举例来说,假设我有100线中的一个非常大的文件。什么是处理为 wholeTextFiles
100 partiions,加工为文本文件
(由划分它行之间的差异通过线),使用分区之前100的默认
For example, say I have one very large file with 100 lines. What would be the difference between processing it as wholeTextFiles
with 100 partiions, and processing it as textFile
(which partitions it line by line) using the default of parition 100.
什么是它们之间的区别?
What is the difference between these?
推荐答案
有关参考, wholeTextFiles
使用 WholeTextFileInputFormat
这扩展<一个href=\"https://hadoop.apache.org/docs/r2.6.1/api/org/apache/hadoop/ma$p$pduce/lib/input/CombineFileInputFormat.html\"相对=nofollow> CombineFileInputFormat 。

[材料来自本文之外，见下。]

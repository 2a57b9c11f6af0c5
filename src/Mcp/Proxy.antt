-- ===== src/Mcp/Proxy.antt =====
-- The state and the handlers of `runMcpProxy`, cli/src/commands/mcp-proxy.ts. The event loop is a
-- function from events to states: data and end on stdin, the next job of the promise chain, the
-- daemon's answer to the request that a job waits for, data from the child, and its exit.
pub mod Wire
pub mod Log
mod Order
mod Gate
mod Verdicts
mod Relay
mod Telemetry
mod Records
mod Progress
mod Tests
use open_agent_lock.Common.{
  JsError, Result, err, has_string, ok, Bool, Json, List, Option, Text, [], false, if◌then◌else◌,
  is_str, is_some, string_text, codes, none, nullish, present, some, str, text_eq, true, ℕ, ◌++◌,
  ◌+◌, ◌∷◌,
}
use open_agent_lock.Daemon.{Reply}
use open_agent_lock.Mcp.LineBuffer.{push}
use open_agent_lock.Mcp.Proxy.Wire.{
  Link, Route, deny_response, fault, gated, is_denial, pass, post_body, pre_body, response_id,
  route_line, tool_name_of, verdict_of, Verdict,
}

-- A tools/call whose verdict is awaited: the line, and `msg.id` and `msg.params` of its message.
pub record Call : Type 0 where
  pub line : Text
  pub id : Json
  pub params : Option Json

-- An entry of `pendingToolCalls`.
pub record Pending : Type 0 where
  pub name : Json
  pub tool_use_id : Text

-- What stands on `processingChain`: a line to process, or the end of the child's input.
pub data Job : Type 0 where
  line : Text → Job
  close : Job

-- A line on our stdout: the child's, or a reply of our own.
pub data HostLine : Type 0 where
  relayed : Text → HostLine
  reply : Json → HostLine

-- A request to the daemon, by its body.
pub data Request : Type 0 where
  pre_tool_use : Json → Request
  post_tool_use : Json → Request

pub record Proxy : Type 0 where
  pub host_buf : Text
  pub jobs : List Job
  pub awaiting : Option Call
  pub pending : List (Text × Pending)
  pub child_buf : Text
  pub to_child : List Text
  pub to_host : List HostLine
  pub requests : List Request
  pub faults : ℕ
  pub child_closed : Bool
  pub stopped : Bool

abbrev pub started : Proxy
started = record {
  host_buf = [];
  jobs = [];
  awaiting = none;
  pending = [];
  child_buf = [];
  to_child = [];
  to_host = [];
  requests = [];
  faults = 0;
  child_closed = false;
  stopped = false;
}

pub data Event : Type 0 where
  host_data : Text → Event
  host_end : Event
  turn : Event
  daemon_reply : Reply → Event
  child_data : Text → Event
  child_exit : Event

-- `Map` with keys in insertion order.
unfoldable pub map_get : Text → List (Text × Pending) → Option Pending
map_get k [] = none
map_get k ((j, v) ∷ m) = if text_eq j k then some v else map_get k m

unfoldable pub map_set : Text → Pending → List (Text × Pending) → List (Text × Pending)
map_set k v [] = (k, v) ∷ []
map_set k v ((j, w) ∷ m) = if text_eq j k then (j, v) ∷ m else (j, w) ∷ map_set k v m

unfoldable pub map_delete : Text → List (Text × Pending) → List (Text × Pending)
map_delete k [] = []
map_delete k ((j, w) ∷ m) = if text_eq j k then m else (j, w) ∷ map_delete k m

abbrev pub lines_as_jobs : List Text → List Job
lines_as_jobs [] = []
lines_as_jobs (l ∷ ls) = line l ∷ lines_as_jobs ls

module _ (link : Link) where
  -- `processLine` up to its `await`, or to its end where it does not wait.
  pub begin_line : Text → Route → Proxy → Proxy
  begin_line l pass p = record p { to_child = p.to_child ++ l ∷ [] }
  begin_line l fault p = record p { faults = p.faults + 1 }
  begin_line l (gated id params) p = record p {
    awaiting = some (record { line = l; id = id; params = params });
    requests = p.requests ++ pre_tool_use (pre_body link id params) ∷ [];
  }

  pub next_job : List Job → Proxy → Proxy
  next_job [] p = p
  next_job (line l ∷ rest) p = begin_line l (route_line link l) (record p { jobs = rest })
  next_job (close ∷ rest) p = record p { jobs = rest; child_closed = true }

  -- The reply to a refused call; the error that its text may throw is caught at the chain.
  abbrev pub refuse : Result JsError Json → Proxy → Proxy
  refuse (ok message) p = record p { to_host = p.to_host ++ reply message ∷ [] }
  refuse (err e) p = record p { faults = p.faults + 1 }

  -- `processLine` behind its `await`.
  pub finish_call : Call → Verdict → Proxy → Proxy
  finish_call c v p =
      if is_denial v
      then refuse (deny_response c.id v.reason) (record p { awaiting = none })
      else record p {
        awaiting = none;
        pending =
            map_set (string_text c.id)
              (record { name = tool_name_of c.params; tool_use_id = string_text c.id }) p.pending;
        to_child = p.to_child ++ c.line ∷ [];
      }

  -- The end of the handler of a child's line, for a message with an id.
  pub settle : Text → Json → Option Pending → Proxy → Proxy
  settle id msg none p = p
  settle id msg (some call) p = record p {
    pending = map_delete id p.pending;
    requests = p.requests ++ post_tool_use (post_body link call.name call.tool_use_id msg) ∷ [];
  }

  -- From `msg.id` on, which is `none` where the handler goes on to the next line. An id without a
  -- text is not caught, and ends the process.
  pub settle_response : Json → Option Json → Proxy → Proxy
  unfolding settle
  settle_response msg none p = p
  settle_response msg (some id) p =
      if has_string id
      then settle (string_text id) msg (map_get (string_text id) p.pending) p
      else record p { stopped = true }

  -- The child's message, `none` for a line that is no JSON: `msg.id` of `null` is not caught, and
  -- ends the process.
  pub read_child : Option Json → Proxy → Proxy
  unfolding settle_response
  read_child none p = p
  read_child (some Json.null) p = record p { stopped = true }
  read_child (some msg) p = settle_response msg (response_id msg) p

  pub relay_line : Text → Proxy → Proxy
  unfolding read_child
  relay_line l p = read_child (link.parse l) (record p { to_host = p.to_host ++ relayed l ∷ [] })

  -- The loop over the lines of a chunk; an uncaught error leaves it.
  pub relay_lines : List Text → Proxy → Proxy
  relay_lines [] p = p
  relay_lines (l ∷ ls) p = elim p.stopped [ true ↦ p | false ↦ relay_lines ls (relay_line l p) ]

  pub react : Event → Proxy → Proxy
  unfolding next_job begin_line finish_call relay_lines relay_line
  react (host_data chunk) p =
      let (out, buf) = push p.host_buf chunk in
      record p { host_buf = buf; jobs = p.jobs ++ lines_as_jobs out }
  react host_end p = record p { jobs = p.jobs ++ close ∷ [] }
  react turn p = if is_some p.awaiting then p else next_job p.jobs p
  react (daemon_reply r) p = elim p.awaiting [ none ↦ p | some c ↦ finish_call c (verdict_of r) p ]
  react (child_data chunk) p =
      let (out, buf) = push p.child_buf chunk in relay_lines out (record p { child_buf = buf })
  react child_exit p = record p { stopped = true }

  -- A process that has ended does nothing more.
  unfoldable pub step : Event → Proxy → Proxy
  unfolding react
  step e p = if p.stopped then p else react e p

  unfoldable pub run : List Event → Proxy → Proxy
  unfolding step
  run [] p = p
  run (e ∷ es) p = run es (step e p)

For reference, wholeTextFiles
uses WholeTextFileInputFormat
which extends CombineFileInputFormat.
这是一对夫妇的音符 wholeTextFiles
。
- 按
wholeTextFiles
返回在RDD每个记录的文件名和文件的全部内容。这意味着文件不能被分割(所有)。 - 因为它扩展
CombineFileInputFormat
,它会尝试较小的文件组结合成一个分区。
- Each record in the RDD returned by
wholeTextFiles
has the file name and the entire contents of the file. This means that a file cannot be split (at all). - Because it extends
CombineFileInputFormat
, it will try to combine groups of smaller files into one partition.
如果我在一个目录中的两个小的文件,它是可能的,这两个文件都在一个单一的分区结束。如果我设置 minPartitions = 2
,那么我可能会得到两个分区,而不是回来。
If I have two small files in a directory, it is possible that both files will end up in a single partition. If I set minPartitions=2
, then I will likely get two partitions back instead.
现在,如果我要设置 minPartitions = 3
,我依然会回来两个分区,因为合约 wholeTextFiles
的是,在RDD每个记录包含整个文件
Now if I were to set minPartitions=3
, I will still get back two partitions because the contract for wholeTextFiles
is that each record in the RDD contain an entire file.
这篇关于如何分区数量影响`wholeTextFiles`和`textFiles`?的文章就介绍到这了,希望我们推荐的答案对大家有所帮助,也希望大家多多支持!